Sunday, 13 April 2014

back in the big smoke

We missed our friend Cyrus when we passed through Tehran at No Ruz so we decide to leave the bikes in Yazd and return to the capital.  The first task for us is to collect our Turkmenistan visa.  This is done quite painlessly, although we have to hang around at the embassy for over two hours while we complete the paperwork and the visa is issued.  It rains on our walk through the northern suburbs of the city.  This is a bit of a surprise after coming from the desert where the weather has begun to warm up.  Tehran is bustling again after the holidays and traffic is heavy.  It's a huge relief to get the visa - it's the last piece in our Central Asian visa jigsaw.  While we were in Yazd we had extended our Iranian visa without a hitch - 24 more days will be enough to see us to the border.  We have heard from the two English cyclists, Dan & Ollie, who are here in Tehran sorting out their onward visas.  Unfortunately for them the Uzbek embassy asked for a letter of recommendation from their embassy - no good in Iran since the British embassy has been closed for three years.  Their fall back is to head across to Kazakhstan and cycle all the way around Uzbekistan.  This looks like a phenomenal challenge - the distance is huge, roads are few, and it's all desert.  Our stay in Baku with Pam & Joe was a real blessing.

Cyrus invites us to his workplace - a private kindergarten where the teachers teach in English some of the time.  He is employed as a consultant to advise the teachers.  It's striking that most of the staff, all female, do not wear their headscarves in the class room.  It's as if we've just arrived in a different country.  Somehow this simple effect makes the women seem quite different - a visual trick that gives them personalities and individuality.  Of course this is nonsense - or is it?  The headscarf is like a uniform.  Later we talk about the potential effect of a day of protest where women decide to discard the headscarf.  I think I prefer the idea that on one day men also wear it.  See how they like it.

Cyrus lives with his wife, Shahla, in a bright apartment just out of the city centre.  Although, nowadays, there isn't really a city centre anymore.  We joke with Cyrus that he could pass himself off as a tourist and as we walk homewards he is accosted by a passerby who doesn't realise he's Iranian. He takes us past a shop where four young men are fiddling with instruments - guitars and bass - before bursting into a funky riff.  Buskers.  Somehow the singing and music looks like an act of rebellion.

At home Shahla and Cyrus could be in Europe. The sensation is increased because Shahla prefers to speak French, which she knows better than English. They have organised a party in honour of our coming - a nice treat for us - on Thursday night, which is the equivalent of a Saturday night in Iran.
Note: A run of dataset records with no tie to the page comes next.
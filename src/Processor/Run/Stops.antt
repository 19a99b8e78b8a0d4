-- ===== src/Processor/Run/Stops.antt =====
-- crates/blackbox-server/src/main.rs: when a run of events stops the loop of `run` for ever.
use k_blackbox.Base.{ℕ, ◌≡◌, ◌↔◌, refl, List, [], ◌∷◌, String}
use k_blackbox.Decimal.{Decimal}
use k_blackbox.Words.{Float}
use k_blackbox.Checksum.{Hasher}
use k_blackbox.Export.{Encoder}
use k_blackbox.Client.Connection.{WsEvent}
use k_blackbox.Processor.Defs.{Clock}
use k_blackbox.Processor.Run.{
  RunState, Outcome, next, deadlock, after_outcome, process_event, process_ws_events,
}
use k_blackbox.Processor.Run.Mismatch.{IsMismatch, deadlock_iff_IsMismatch}

module _ {D F N : Type 0} ⦃d : Decimal D⦄ (f : Float F) (h : Hasher) (enc : Encoder F N)
    (format_id : ℕ → String → String) where
  -- Some event is a mismatch in the state that the events before it lead to.
  pub data MeetsMismatch : List (Clock × WsEvent D) → RunState D F N → Type 0 where
    here :
        {clock : Clock} {e : WsEvent D} {es : List (Clock × WsEvent D)} {r : RunState D F N}
        → IsMismatch h e r
        → MeetsMismatch ((clock, e) ∷ es) r
    after :
        {clock : Clock} {e : WsEvent D} {es : List (Clock × WsEvent D)} {r r' : RunState D F N}
        → process_event f h enc format_id clock e r ≡ next r'
        → MeetsMismatch es r'
        → MeetsMismatch ((clock, e) ∷ es) r

  meets-of_stop :
      (es : List (Clock × WsEvent D)) (r : RunState D F N)
      → process_ws_events f h enc format_id es r ≡ deadlock
      → MeetsMismatch es r
  unfolding process_ws_events
  meets-of_stop [] r p = absurd (cc)
  meets-of_stop ((clock, e) ∷ es) r p =
      by_outcome (meets-of_stop es) (process_event f h enc format_id clock e r) refl p
    where
      by_outcome :
          ((r' : RunState D F N)
            → process_ws_events f h enc format_id es r' ≡ deadlock
            → MeetsMismatch es r')
          → (o : Outcome (RunState D F N)) → process_event f h enc format_id clock e r ≡ o
          → after_outcome (process_ws_events f h enc format_id es) o ≡ deadlock
          → MeetsMismatch ((clock, e) ∷ es) r
      by_outcome later (next r') q p = after q (later r' p)
      by_outcome later deadlock q p =
          here ((deadlock_iff_IsMismatch f h enc format_id clock e r).0 q)

  stop-of_meets :
      {es : List (Clock × WsEvent D)} {r : RunState D F N}
      → MeetsMismatch es r
      → process_ws_events f h enc format_id es r ≡ deadlock
  unfolding process_ws_events
  stop-of_meets (here {clock} {e} {es} {r} m) =
      rw ((deadlock_iff_IsMismatch f h enc format_id clock e r).1 m) refl
  stop-of_meets (after q m) = rw q (stop-of_meets m)

  -- The loop of `run` stops for ever exactly if one of the events is a mismatch in the state in which
  -- it comes: a snapshot of a book, or an update of a stored book, whose checksum differs from that of
  -- the book after the event, for a symbol whose instrument is known. Otherwise it handles all of them.
  pub process_ws_events-deadlock :
      (es : List (Clock × WsEvent D)) (r : RunState D F N)
      → (process_ws_events f h enc format_id es r ≡ deadlock) ↔ MeetsMismatch es r
  process_ws_events-deadlock es r = (meets-of_stop es r, stop-of_meets)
A few friends and friends of friends come, including some ex-pat workers.  Shahla has prepared plenty of good food and a few bottles of arak appear.  It's a very chilled out evening and we're glad that most of the conversation is in English and French.

The next day we head south to our favoured hostel in the city where we have reserved two rooms.  This is because tonight our friend Gertrude is flying in from Nepal, on her way home to Germany.  She has a three week visa and we plan to spend the first week with her.  The flight is in the evening and we go to meet her at the airport.  It's way out of the city but the journey gives us time to catch up before we show her inside our little prison.  We are delighted to find amongst the inmates Raimon, Gabor, Franzi and Jona - all here to collect visas for cycling across the Stans and we cook and eat together in the scruffy kitchen on the roof.  Raimon has been here a while and has suffered his own visa woes.  Having cycled all the way from Barcelona he was stumped to find that his embassy wouldn't provide the letter of recommendation for his Uzbek visa.  After two visits, much pleading and coming to the decision that he would have to give up on his intention to cycle around the world and take an onward flight, things suddenly changed with the Spanish finally acquiescing.  

Tehranis out on the town

The next day is spent introducing Gertrude to the joys of Iran (motorcycles on the pavements, one-way streets with three-way traffic, omelette and chai, rials and tomans , park life, sabzi ghoresht with rice and banana milkshakes) before catching the evening train southwards back to Yazd. 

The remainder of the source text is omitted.